Спустя два дня после этого бурного разговора госпожа супруга бана прогуливалась в два часа пополудни по самоборскому саду. Господин бан, который малость разленился с тех пор, как на его долю достался этот высокий сан, дремал в своей комнате после тяжелой работы над оленьим жарким с окичским лавровым листом. К тому же надо было приберечь силы на завтра, так как он уезжает в лагерь, а затем идет на турок. Сердце госпожи Клары не рвалось к сонному супругу, тем более что он оставил ей достойного заместителя, приятного гостя, полковника Бернарда де Лернона. Его очень хорошо принял пражский двор, и он был отнюдь не противен и госпоже Кларе. Как и барон Унгнад, мосье де Лернон особой красотой не отличался – сухой, бледный, выглядевший старше своих лет. Но де Лернон был все же высокий, стройный, с черными глазами, небольшими черными усиками и красиво очерченным тонким носом, в общем, кавалер с головы до ног. Кроме того, де Лернон не говорил грубостей, в то время как Унгнад рубил сплеча.

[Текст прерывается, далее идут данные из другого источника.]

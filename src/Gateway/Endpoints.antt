-- ===== src/Gateway/Endpoints.antt =====
-- atlas_gateway/src/register/AtlasRegister.cpp and policy/AtlasPolicy.cpp: the end-points at which
-- clients register, are kept alive, and hand in the policy of their data plane. `psk_identity` is
-- the identity of the client's DTLS session.
pub mod Registering
pub mod Keeping
pub mod Policies
pub mod Clients
use resfit.Prelude.{
  ℕ, Bool, true, false, ◌||◌, not, Option, none, some, List, [], ◌∷◌, ◌++◌, ◌==◌, if◌then◌else◌,
  Exec, ◌>>=◌,
}
use resfit.Prelude.Memory.{Bytes}
use resfit.Prelude.Text.{str_eq}
use resfit.Gateway.Types
use resfit.Gateway.Batch.{AtlasCommand, received_commands}
use resfit.Gateway.Values.{value_text, value_bytes, value_u16}
use resfit.Gateway.State.{
  AtlasCoapResponse, ok, not_acceptable, AtlasFirewallPolicy, AtlasDevice, Gateway,
}
use resfit.Gateway.PubSubAgent.{get_device, put_device, install_firewall_rule}
use resfit.Gateway.Device.{register_now, keep_alive_now, set_ip_port, set_policy_info}

-- The answer, its payload, and the gateway.
pub record Answer : Type 0 where
  pub response : AtlasCoapResponse
  pub resp_payload : Option Bytes
  pub gateway : Gateway

abbrev pub refused : Gateway → Answer
refused g = record { response = not_acceptable; resp_payload = none; gateway = g }

abbrev pub accepted : Option Bytes → Gateway → Answer
accepted payload g = record { response = ok; resp_payload = payload; gateway = g }

-- A loop over commands, whose body may leave the end-point with a refusal: `none`.
abbrev pub while_accepted {ℓ} :
    {S : Type ℓ}
    → (S → AtlasCommand → Exec (Option S))
    → Option S
    → List AtlasCommand
    → Exec (Option S)
while_accepted body none cmds = Exec.ok none
while_accepted body (some s) [] = Exec.ok (some s)
while_accepted body (some s) (cmd ∷ cmds) = body s cmd >>= λ s. while_accepted body s cmds

-- The strings that the registration and the keep-alive collect, and the token of the latter.
pub record Request : Type 0 where
  pub identity : Bytes
  pub ip_port : Bytes
  pub token : Option Bytes

abbrev pub no_request : Request
no_request = record { identity = []; ip_port = []; token = none }

-- An identity, which must be that of the session.
abbrev take_identity : Bytes → Request → AtlasCommand → Exec (Option Request)
take_identity psk_identity r cmd = if cmd.len == 0 then Exec.ok none else (do
  identity ← value_text cmd
  Exec.ok (if str_eq psk_identity identity then some (record r { identity = identity }) else none))

abbrev take_ip_port : Request → AtlasCommand → Exec (Option Request)
take_ip_port r cmd =
    if cmd.len == 0
    then Exec.ok none
    else (do ip_port ← value_text cmd; Exec.ok (some (record r { ip_port = ip_port })))

pub register_body : (psk_identity : Bytes) → Request → AtlasCommand → Exec (Option Request)
register_body psk_identity r cmd =
    if cmd.type == Types.register
    then take_identity psk_identity r cmd
    else if cmd.type == Types.ip_port
    then take_ip_port r cmd
    else Exec.ok (some r)

-- The device registers, then gets its address, then its alerts.
abbrev pub register_device : Request → Bytes → Gateway × Option AtlasDevice → Answer
register_device r psk_identity (g, none) = refused g
register_device r psk_identity (g, some d) =
    let (d', g') = set_ip_port r.ip_port (register_now (d, g)) in
    let g'' = put_device r.identity d' g' in
    accepted none (record g'' { alerted = g''.alerted ++ d'.identity ∷ [] })

unfoldable pub register_request : (psk_identity : Bytes) → Gateway → Option Request → Answer
register_request psk_identity g none = refused g
register_request psk_identity g (some r) =
    if str_eq r.identity [] || str_eq r.ip_port []
    then refused g
    else register_device r psk_identity (get_device g r.identity)

-- `cmd.empty ()` is refused.
abbrev pub is_empty : List AtlasCommand → Bool
is_empty [] = true
is_empty (cmd ∷ cmds) = false

pub register_callback :
    (psk_identity : Bytes)
    → (req_payload : Option Bytes) → (req_payload_len : ℕ) → Gateway
    → Exec Answer
unfolding register_body register_request
register_callback psk_identity req_payload req_payload_len g = do
  cmds ← received_commands req_payload req_payload_len
  if is_empty cmds then Exec.ok (refused g) else (do
    r ← while_accepted (register_body psk_identity) (some no_request) cmds
    Exec.ok (register_request psk_identity g r))

pub keepalive_body : (psk_identity : Bytes) → Request → AtlasCommand → Exec (Option Request)
keepalive_body psk_identity r cmd =
    if cmd.type == Types.keepalive
    then (if cmd.len == 2
        then (do token ← value_bytes cmd 2; Exec.ok (some (record r { token = some token })))
        else Exec.ok none)
    else if cmd.type == Types.identity
    then take_identity psk_identity r cmd
    else if cmd.type == Types.ip_port
    then take_ip_port r cmd
    else Exec.ok (some r)

-- The token is echoed.
abbrev pub keep_device : Bytes → Request → AtlasDevice → Gateway → Option Bytes → Answer
keep_device psk_identity r d g none = refused g
keep_device psk_identity r d g (some token) =
    if str_eq r.identity [] || str_eq r.ip_port []
    then refused g
    else (let (d', g') = set_ip_port r.ip_port (keep_alive_now (d, g)) in
        accepted (some token) (put_device psk_identity d' g'))

unfoldable pub keepalive_request :
    (psk_identity : Bytes) → AtlasDevice → Gateway → Option Request → Answer
keepalive_request psk_identity d g none = refused g
keepalive_request psk_identity d g (some r) = keep_device psk_identity r d g r.token

-- A device that is in memory or in the database, and registered.
abbrev pub with_registered :
    (AtlasDevice → Gateway → Exec Answer) → Gateway × Option AtlasDevice → Exec Answer
with_registered k (g, none) = Exec.ok (refused g)
with_registered k (g, some d) = if d.registered then k d g else Exec.ok (refused g)

pub keepalive_callback :
    (psk_identity : Bytes)
    → (req_payload : Option Bytes) → (req_payload_len : ℕ) → Gateway
    → Exec Answer
unfolding keepalive_body keepalive_request
keepalive_callback psk_identity req_payload req_payload_len g =
    with_registered
      (λ d g. do
        cmds ← received_commands req_payload req_payload_len
        if is_empty cmds then Exec.ok (refused g) else (do
          r ← while_accepted (keepalive_body psk_identity) (some no_request) cmds
          Exec.ok (keepalive_request psk_identity d g r)))
      (get_device g psk_identity)

-- The three values of a policy.
pub record PolicyRequest : Type 0 where
  pub qos : Option ℕ
  pub ppm : Option ℕ
  pub payload_len : Option ℕ

abbrev pub no_policy : PolicyRequest
no_policy = record { qos = none; ppm = none; payload_len = none }

abbrev take_u16 : (ℕ → PolicyRequest) → AtlasCommand → Exec (Option PolicyRequest)
take_u16 set cmd =
    if cmd.len == 2 then (do x ← value_u16 cmd; Exec.ok (some (set x))) else Exec.ok none

pub policy_body : PolicyRequest → AtlasCommand → Exec (Option PolicyRequest)
policy_body r cmd =
    if cmd.type == Types.data_plane_policy_max_qos
    then take_u16 (λ x. record r { qos = some x }) cmd
    else if cmd.type == Types.data_plane_policy_packets_per_minute
    then take_u16 (λ x. record r { ppm = some x }) cmd
    else if cmd.type == Types.data_plane_policy_packets_maxlen
    then take_u16 (λ x. record r { payload_len = some x }) cmd
    else Exec.ok (some r)

-- The policy is set, and installed at the plug-in.
abbrev pub install_policy : Bytes → AtlasFirewallPolicy → AtlasDevice → Gateway → Exec Answer
install_policy psk_identity policy d g =
    let (d', g') = set_policy_info policy (d, g) in
    do
      g'' ← install_firewall_rule (put_device psk_identity d' g') psk_identity d'.policy
      Exec.ok (accepted none g'')

abbrev pub policy_found :
    Bytes → AtlasDevice → Gateway → (qos ppm payload_len : Option ℕ) → Exec Answer
policy_found psk_identity d g (some qos) (some ppm) (some payload_len) =
    install_policy psk_identity
      (record { client_id = psk_identity; qos = qos; ppm = ppm; payload_len = payload_len }) d g
policy_found psk_identity d g _ _ _ = Exec.ok (refused g)

pub policy_request :
    (psk_identity : Bytes) → AtlasDevice → Gateway → Option PolicyRequest → Exec Answer
policy_request psk_identity d g none = Exec.ok (refused g)
policy_request psk_identity d g (some r) = policy_found psk_identity d g r.qos r.ppm r.payload_len

pub firewall_policy_callback :
    (psk_identity : Bytes)
    → (req_payload : Option Bytes) → (req_payload_len : ℕ) → Gateway
    → Exec Answer
unfolding policy_body policy_request
firewall_policy_callback psk_identity req_payload req_payload_len g =
    with_registered
      (λ d g. do
        cmds ← received_commands req_payload req_payload_len
        if is_empty cmds then Exec.ok (refused g) else (do
          r ← while_accepted policy_body (some no_policy) cmds
          policy_request psk_identity d g r))
      (get_device g psk_identity)
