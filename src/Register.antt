-- ===== src/Register.antt =====
-- atlas_client/src/register/atlas_register.c: the registration at the gateway and its keep-alive.
-- `push_all` is `atlas_telemetry_push_all`.
pub mod Again
pub mod KeepAlive
pub mod Requests
use resfit.Prelude.{
  ℕ, ◌+◌, ◌%◌, Bool, true, false, Option, none, some, List, [], ◌∷◌, length, ltb, ◌==◌,
  if◌then◌else◌, Exec, ok, ◌>>=◌,
}
use resfit.Prelude.Memory.{Bytes, u16, host_bytes, load_u16}
use resfit.Prelude.Text.{codes}
use resfit.Status.{Status, CoapResponse, CoapMethod}
use resfit.Command.{new}
use resfit.Command.Types
use resfit.Command.Frame.{Frame, frame}
use resfit.Command.Sender.{send_batch}
use resfit.State.{AlarmCallback, CoapCallback, Registration, Client}
use resfit.Config.{coap_get_uri, get_local_ip_port, ip_port_text}
use resfit.Alarm.{alarm_set, alarm_cancel}
use resfit.CoapClient.{coap_request}
use resfit.Connector.{send_policy_command}

abbrev pub register_timeout_ms : ℕ
register_timeout_ms = 5000

abbrev pub keepalive_timeout_ms : ℕ
keepalive_timeout_ms = 20000

abbrev pub keepalive_count : ℕ
keepalive_count = 3

-- `send_register_command`
unfoldable pub send_register_command : Client → Exec Client
send_register_command c = do
  buf ←
      send_batch
        (frame Types.register c.settings.identity
          ∷ frame Types.ip_port (ip_port_text (get_local_ip_port c.settings))
          ∷ [])
        (some new)
  uri ← coap_get_uri c.settings (codes "gateway/register")
  ok ((coap_request uri CoapMethod.post buf register_timeout_ms CoapCallback.registered c).1)

-- `ka_token++`
abbrev pub next_ka_token : Client → Client
next_ka_token c = record c {
  registration = record (c.registration) { ka_token = u16 (c.registration.ka_token + 1) };
}

keepalive_with : Client → Exec Client
keepalive_with c = do
  buf ←
      send_batch
        (frame Types.identity c.settings.identity
          ∷ frame Types.keepalive (host_bytes c.registration.ka_token)
          ∷ frame Types.ip_port (ip_port_text (get_local_ip_port c.settings))
          ∷ [])
        (some new)
  uri ← coap_get_uri c.settings (codes "gateway/keepalive")
  ok ((coap_request uri CoapMethod.put buf register_timeout_ms CoapCallback.keepalive c).1)

-- `send_keepalive_command`
unfoldable pub send_keepalive_command : Client → Exec Client
unfolding keepalive_with
send_keepalive_command c = keepalive_with (next_ka_token c)

-- `keepalive_alarm_callback` and `reg_alarm_callback`
abbrev pub keepalive_alarm_callback : Client → Exec Client
keepalive_alarm_callback c = send_keepalive_command c

abbrev pub reg_alarm_callback : Client → Exec Client
reg_alarm_callback c = send_register_command c

abbrev pub set_ka_count : ℕ → Client → Client
set_ka_count n c = record c { registration = record (c.registration) { ka_count = n } }

-- The end of `keepalive_callback` where the count is 0.
unfoldable pub register_again : Client → Exec Client
register_again c =
    let d =
      alarm_cancel c.registration.ka_alarm_id
        (record c { registration = record (c.registration) { registered = false } }) in
    send_register_command
      (record d { registration = record (d.registration) { ka_alarm_id = none } })

-- The label ERR of `keepalive_callback`; the count is a uint8_t.
unfoldable pub keepalive_err : Client → Exec Client
unfolding register_again
keepalive_err c =
    let d = set_ka_count ((c.registration.ka_count + 255) % 256) c in
    if d.registration.ka_count == 0 then register_again d else ok d

-- `keepalive_callback` with a payload
keepalive_payload : Bytes → Client → Exec Client
unfolding keepalive_err
keepalive_payload payload c =
    if ltb (length payload) 2
    then keepalive_err c
    else (load_u16 payload 0 >>= λ token.
        if c.registration.ka_token == token
        then ok (set_ka_count keepalive_count c)
        else keepalive_err c)

-- `keepalive_callback`
unfoldable pub keepalive_callback : CoapResponse → (payload : Option Bytes) → Client → Exec Client
unfolding keepalive_payload
keepalive_callback CoapResponse.ok none c = keepalive_err c
keepalive_callback CoapResponse.ok (some payload) c = keepalive_payload payload c
keepalive_callback CoapResponse.not_found payload c = keepalive_err (set_ka_count 1 c)
keepalive_callback CoapResponse.not_acceptable_here payload c = keepalive_err (set_ka_count 1 c)
keepalive_callback resp payload c = keepalive_err c

-- The end of `reg_callback`: the keep-alive timer.
abbrev pub keep_ka_alarm : Option ℕ × Client → Client
keep_ka_alarm (id, c) = record c { registration = record (c.registration) { ka_alarm_id = id } }

abbrev pub start_keepalive : Client → Client
start_keepalive c = keep_ka_alarm (alarm_set keepalive_timeout_ms AlarmCallback.keepalive false c)

module _ (push_all : Client → Exec Client) where
  -- `reg_callback`
  unfoldable pub reg_callback : CoapResponse → Client → Exec Client
  reg_callback CoapResponse.ok c = do
    d ← (if c.registration.registered then ok c else send_policy_command c)
    e ← push_all (record d { registration = record (d.registration) { registered = true } })
    ok (start_keepalive e)
  reg_callback resp c = ok ((alarm_set register_timeout_ms AlarmCallback.register true c).1)

-- `atlas_is_registered` and `atlas_register_start`
abbrev pub is_registered : Client → Bool
is_registered c = c.registration.registered

abbrev pub register_start : Client → Exec Client
register_start c = send_register_command c
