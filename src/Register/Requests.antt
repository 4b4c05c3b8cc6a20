-- ===== src/Register/Requests.antt =====
-- The requests that register the client and keep it alive, byte by byte.
use resfit.Prelude.{
  ℕ, ◌+◌, ◌%◌, ◌≤◌, ◌≡◌, ap, ◌∙◌, Option, none, some, List, [], ◌∷◌, ◌++◌, arith, length, take,
  length-take, length-append, Exec, ok, ◌>>=◌,
}
use resfit.Prelude.Memory.{Bytes, host_bytes}
use resfit.Prelude.Text.{codes, decimal}
use resfit.Status.{CoapMethod}
use resfit.Command.Types
use resfit.Command.Frame.{Frame, frame, encode}
use resfit.Command.Sender.{send_batch-encode}
use resfit.State.{CoapCallback, Settings, Client}
use resfit.Config.{uri_of, get_local_ip_port, ip_port_text}
use resfit.Config.Bounds.{coap_get_uri_fits}
use resfit.CoapClient.{coap_request}
use resfit.Register.{send_register_command, send_keepalive_command, keepalive_with, next_ka_token}

-- The settings that the command line and the identity file can give.
pub record Configured (s : Settings) : Type 0 where
  pub short_identity : length s.identity ≤ 64
  pub short_hostname : length s.gw_hostname ≤ 128
  pub short_port : length s.gw_port ≤ 6

ip_port_by :
    (o : Option Bytes) (p : Bytes)
    → length (
        ip_port_text
          (elim o [ none ↦ none | some ip ↦ some (take 16 ip ++ (codes ":" ++ take 6 p)) ]))
      ≤ 64
ip_port_by none p = omega arith
ip_port_by (some ip) p =
    omega (
      arith,
      length-append (take 16 ip) (codes ":" ++ take 6 p),
      length-take 16 ip,
      length-take 6 p,
    )

pub length-ip_port : (s : Settings) → length (ip_port_text (get_local_ip_port s)) ≤ 64
unfolding get_local_ip_port
length-ip_port s = ip_port_by s.local_ip (take 5 (decimal 5 s.local_port))

length-two : (f g : Frame) → length (encode (f ∷ g ∷ [])) ≡ 8 + length f.value + length g.value
length-two f g = omega (arith, length-append f.value (encode (g ∷ [])), length-append g.value [])

length-three :
    (f g h : Frame)
    → length (encode (f ∷ g ∷ h ∷ [])) ≡ 12 + length f.value + length g.value + length h.value
length-three f g h = omega (arith, length-append f.value (encode (g ∷ h ∷ [])), length-two g h)

-- A sender's steps once its bytes and its URI are known.
sender :
    {A : Type 0} {x y : Exec Bytes} {buf uri : Bytes} (k : Bytes → Bytes → Exec A)
    → x ≡ ok buf
    → y ≡ ok uri
    → (x >>= λ b. y >>= k b) ≡ k buf uri
sender {y = y} {buf = buf} k e h = ap (λ m. m >>= λ b. y >>= k b) e ∙ ap (λ m. m >>= k buf) h

-- The commands that a registration request carries.
abbrev pub register_frames : Settings → List Frame
register_frames s =
    frame Types.register s.identity ∷ frame Types.ip_port (ip_port_text (get_local_ip_port s)) ∷ []

-- The commands that a keep-alive request carries, with the token.
abbrev pub keepalive_frames : Settings → ℕ → List Frame
keepalive_frames s token =
    frame Types.identity s.identity
    ∷ frame Types.keepalive (host_bytes token)
    ∷ frame Types.ip_port (ip_port_text (get_local_ip_port s))
    ∷ []

-- With settings that the command line and the identity file can give, a registration is one POST
-- request to the path gateway/register, whose payload is the bytes of two commands: the identity,
-- and the address of the client.
pub send_register_command_lem :
    (c : Client)
    → Configured c.settings
    → send_register_command c
      ≡ ok (
          (coap_request
            (uri_of c.settings (codes "gateway/register"))
            CoapMethod.post
            (encode (register_frames c.settings))
            5000
            CoapCallback.registered
            c).1)
unfolding send_register_command
send_register_command_lem c h =
    sender (λ buf uri. ok ((coap_request uri CoapMethod.post buf 5000 CoapCallback.registered c).1))
      (send_batch-encode (register_frames c.settings)
        (
          record { type_fits = omega arith; value_fits = omega (arith, h.short_identity) },
          (
            record {
              type_fits = omega arith;
              value_fits = omega (arith, length-ip_port c.settings);
            },
            tt,
          ),
        )
        (omega (
          arith,
          h.short_identity,
          length-ip_port c.settings,
          length-two (frame Types.register c.settings.identity)
              (frame Types.ip_port (ip_port_text (get_local_ip_port c.settings))),
        )))
      (coap_get_uri_fits c.settings (codes "gateway/register") h.short_hostname h.short_port
        (omega arith))

-- With such settings a keep-alive first moves to the next token, modulo 65536, and then is one PUT
-- request to the path gateway/keepalive, whose payload is the bytes of three commands: the identity,
-- the new token as it lies in memory, and the address of the client.
pub send_keepalive_command_lem :
    (c : Client)
    → Configured c.settings
    → let token = (c.registration.ka_token + 1) % 65536 in
      send_keepalive_command c
      ≡ ok (
          (coap_request
            (uri_of c.settings (codes "gateway/keepalive"))
            CoapMethod.put
            (encode (keepalive_frames c.settings token))
            5000
            CoapCallback.keepalive
            (record c { registration = record (c.registration) { ka_token = token } })).1)
unfolding send_keepalive_command keepalive_with
send_keepalive_command_lem c h =
    let d : Client = next_ka_token c in
    let token : ℕ = (c.registration.ka_token + 1) % 65536 in
    sender (λ buf uri. ok ((coap_request uri CoapMethod.put buf 5000 CoapCallback.keepalive d).1))
      (send_batch-encode (keepalive_frames c.settings token)
        (
          record { type_fits = omega arith; value_fits = omega (arith, h.short_identity) },
          (
            record { type_fits = omega arith; value_fits = omega arith },
            (
              record {
                type_fits = omega arith;
                value_fits = omega (arith, length-ip_port c.settings);
              },
              tt,
            ),
          ),
        )
        (omega (
          arith,
          h.short_identity,
          length-ip_port c.settings,
          length-three (frame Types.identity c.settings.identity)
              (frame Types.keepalive (host_bytes token))
              (frame Types.ip_port (ip_port_text (get_local_ip_port c.settings))),
        )))
      (coap_get_uri_fits c.settings (codes "gateway/keepalive") h.short_hostname h.short_port
        (omega arith))
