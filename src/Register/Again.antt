-- ===== src/Register/Again.antt =====
-- What a client does that registers again: it quits, and asks for a registration.
use resfit.Prelude.{ℕ, ◌≡◌, ◌≢◌, refl, sym, false, Option, none, some, [], ◌∷◌, arith, ok, subst}
use resfit.Prelude.Text.{codes}
use resfit.Status.{CoapMethod}
use resfit.Command.Types
use resfit.Command.Frame.{frame, encode}
use resfit.State.{AlarmEntry, CoapCallback, Client}
use resfit.Config.{uri_of, get_local_ip_port, ip_port_text}
use resfit.Alarm.{find_alarm, cancel_found, alarm_cancel}
use resfit.Alarm.Watched.{
  watches, has_alarm, has_alarm-find_alarm, has_alarm-remove_alarm, Watched, Cancelled,
  alarm_cancel-Watched,
}
use resfit.CoapClient.Requested.{Requested}
use resfit.CoapClient.Sending.{coap_request-Requested}
use resfit.Register.Requests.{Configured, send_register_command_lem}
use resfit.Register.{set_ka_count, register_again, send_register_command}

-- The alarm of the keep-alives is gone, and the others are as before.
abbrev pub Off : Option ℕ → Client → Client → Type 0
Off none c d = (d.alarm_entry ≡ c.alarm_entry) × (d.sched_entry ≡ c.sched_entry)
Off (some id) c d =
    (has_alarm id d.alarm_entry ≡ false)
    × (watches id d.sched_entry ≡ false)
    × ((g : ℕ) → g ≢ id → has_alarm g d.alarm_entry ≡ has_alarm g c.alarm_entry)

-- The client is not registered and knows no alarm for keep-alives.
pub record Quits (c d : Client) : Type 0 where
  pub not_registered : d.registration.registered ≡ false
  pub no_alarm : d.registration.ka_alarm_id ≡ none
  pub no_count : d.registration.ka_count ≡ 0
  pub same_token : d.registration.ka_token ≡ c.registration.ka_token
  pub alarms : Off c.registration.ka_alarm_id c d
  pub requests : d.req_entry ≡ c.req_entry
  pub same_settings : d.settings ≡ c.settings
  pub next_token : d.next_token ≡ c.next_token
  pub nothing_sent : d.os.sent ≡ c.os.sent
  pub coaps : d.os.coaps ≡ c.os.coaps
  pub timers : d.os.timers ≡ c.os.timers

-- It quits, and then makes one POST request to gateway/register with its identity and its address.
abbrev pub RegistersAgain : Client → Client → Type 0
RegistersAgain c c' =
    (d : Client) × Quits c d
    × Requested (uri_of d.settings (codes "gateway/register")) CoapMethod.post
        (encode (
          frame Types.register d.settings.identity
          ∷ frame Types.ip_port (ip_port_text (get_local_ip_port d.settings))
          ∷ []))
        5000 CoapCallback.registered d c'

registers :
    (c d : Client)
    → Configured c.settings
    → Quits c d
    → (c' : Client) × (send_register_command d ≡ ok c') × RegistersAgain c c'
registers c d h q = (
  _,
  send_register_command_lem d (subst Configured (sym q.same_settings) h),
  (d, q, coap_request-Requested _ _ _ _ _ d (omega arith)),
)

-- The client that is about to register again.
abbrev unregistered : Client → Client
unregistered c = record c {
  registration = record (c.registration) { registered = false; ka_count = 0 };
}

abbrev without_alarm : Client → Client
without_alarm d = record d { registration = record (d.registration) { ka_alarm_id = none } }

Quits-from :
    (c : Client) (id : ℕ) (o : Option AlarmEntry)
    → c.registration.ka_alarm_id ≡ some id
    → Cancelled id
        (unregistered c)
        (elim o [ none ↦ unregistered c | some _ ↦ cancel_found id (unregistered c) ])
    → Watched c
    → find_alarm id c.alarm_entry ≡ o
    → Quits c (
        without_alarm
          (elim o [ none ↦ unregistered c | some _ ↦ cancel_found id (unregistered c) ]))
Quits-from c id none e off w f = record {
  not_registered = refl;
  no_alarm = refl;
  no_count = refl;
  same_token = refl;
  alarms =
      subst (λ a. Off a c (without_alarm (unregistered c))) (sym e)
        (has_alarm-find_alarm id c.alarm_entry f, off.1, off.2);
  requests = refl;
  same_settings = refl;
  next_token = refl;
  nothing_sent = refl;
  coaps = refl;
  timers = refl;
}
Quits-from c id (some a) e off w f = record {
  not_registered = refl;
  no_alarm = refl;
  no_count = refl;
  same_token = refl;
  alarms =
      subst (λ a. Off a c (without_alarm (cancel_found id (unregistered c)))) (sym e)
        (
          ground (arith, has_alarm-remove_alarm id id c.alarm_entry w.distinct_alarms),
          off.1,
          off.2,
        );
  requests = refl;
  same_settings = refl;
  next_token = refl;
  nothing_sent = refl;
  coaps = refl;
  timers = refl;
}

Quits-alarm_cancel :
    (c : Client) (a : Option ℕ)
    → c.registration.ka_alarm_id ≡ a
    → Watched c
    → Quits c (without_alarm (alarm_cancel a (unregistered c)))
unfolding alarm_cancel
Quits-alarm_cancel c none e w = record {
  not_registered = refl;
  no_alarm = refl;
  no_count = refl;
  same_token = refl;
  alarms = subst (λ a. Off a c (without_alarm (unregistered c))) (sym e) (refl, refl);
  requests = refl;
  same_settings = refl;
  next_token = refl;
  nothing_sent = refl;
  coaps = refl;
  timers = refl;
}
Quits-alarm_cancel c (some id) e w =
    Quits-from c id (find_alarm id c.alarm_entry) e
      (alarm_cancel-Watched id (unregistered c) (record {
        distinct_fds = w.distinct_fds;
        distinct_alarms = w.distinct_alarms;
        agree = w.agree;
      }))
      w refl

pub register_again-RegistersAgain :
    (c : Client)
    → Configured c.settings
    → Watched c
    → (c' : Client) × (register_again (set_ka_count 0 c) ≡ ok c') × RegistersAgain c c'
unfolding register_again
register_again-RegistersAgain c h w =
    registers c (without_alarm (alarm_cancel c.registration.ka_alarm_id (unregistered c))) h
      (Quits-alarm_cancel c c.registration.ka_alarm_id refl w)
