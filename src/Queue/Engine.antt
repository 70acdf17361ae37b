-- ===== src/Queue/Engine.antt =====
-- core/queue/engine.py, in four parts: the values that an execution works on, the context that an
-- executor sees, the execution of one task, and the dispatcher.
pub mod Work
pub mod Context
pub mod Require
pub mod Execute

– Pardieu.[99] Меня удивляет, прекрасная госпожа, – болтал полковник, развязно шагая рядом с Кларой, – что вы прячете свою красоту здесь, в этих лесных дебрях! Венере место на Олимпе, в райских обителях, а не в медвежьем углу.
– Вам это кажется странным, мосье де Лернон, – принужденно улыбаясь, промолвила Клара, – по ответьте, пожалуйста, раз уж вы превозносите мою красоту, ответьте, что же останется дебрям, если отнять у них красоту?
– Да, да, очаровательная госпожа, то, что принадлежит небу, должно сверкать на небе; звездам место только в ясной лазури неба.
– Оставьте, полковник! Ведь для вас, если я и звезда, то «ursa major»,[100] медведица! В кругу маркиз я показалась бы вам настоящей простушкой.
– Вы клевещете на себя, прекрасная госпожа!
– И если даже признать правдой то, что вы, милостивый государь, мне сказали, то ведь существуют и неведомые миры, и неведомые звезды. Вообразите себя ловцом жемчуга либо рудокопом, отыскивающим в недрах земли золото!
Лернон хотел было ответить какой-то любезностью, но перед ними внезапно возник Чоколин и на непонятном французу хорватском языке сообщил:
– Милостивая госпожа! Жди гостей. Внизу в городе Самоборе загребчане, в том числе и Дорин отец; явились жаловаться на насилия старого Грегорианца. Он к ним не очень-то расположен из-за Доры. Само собой, правыми признать их нельзя. Вот тебе первый удобный случай.
И брадобрей исчез.
Глаза у Клары засверкали.
– Простите, милостивый государь, – сказала она полковнику, – важные дела заставляют меня пойти к мужу.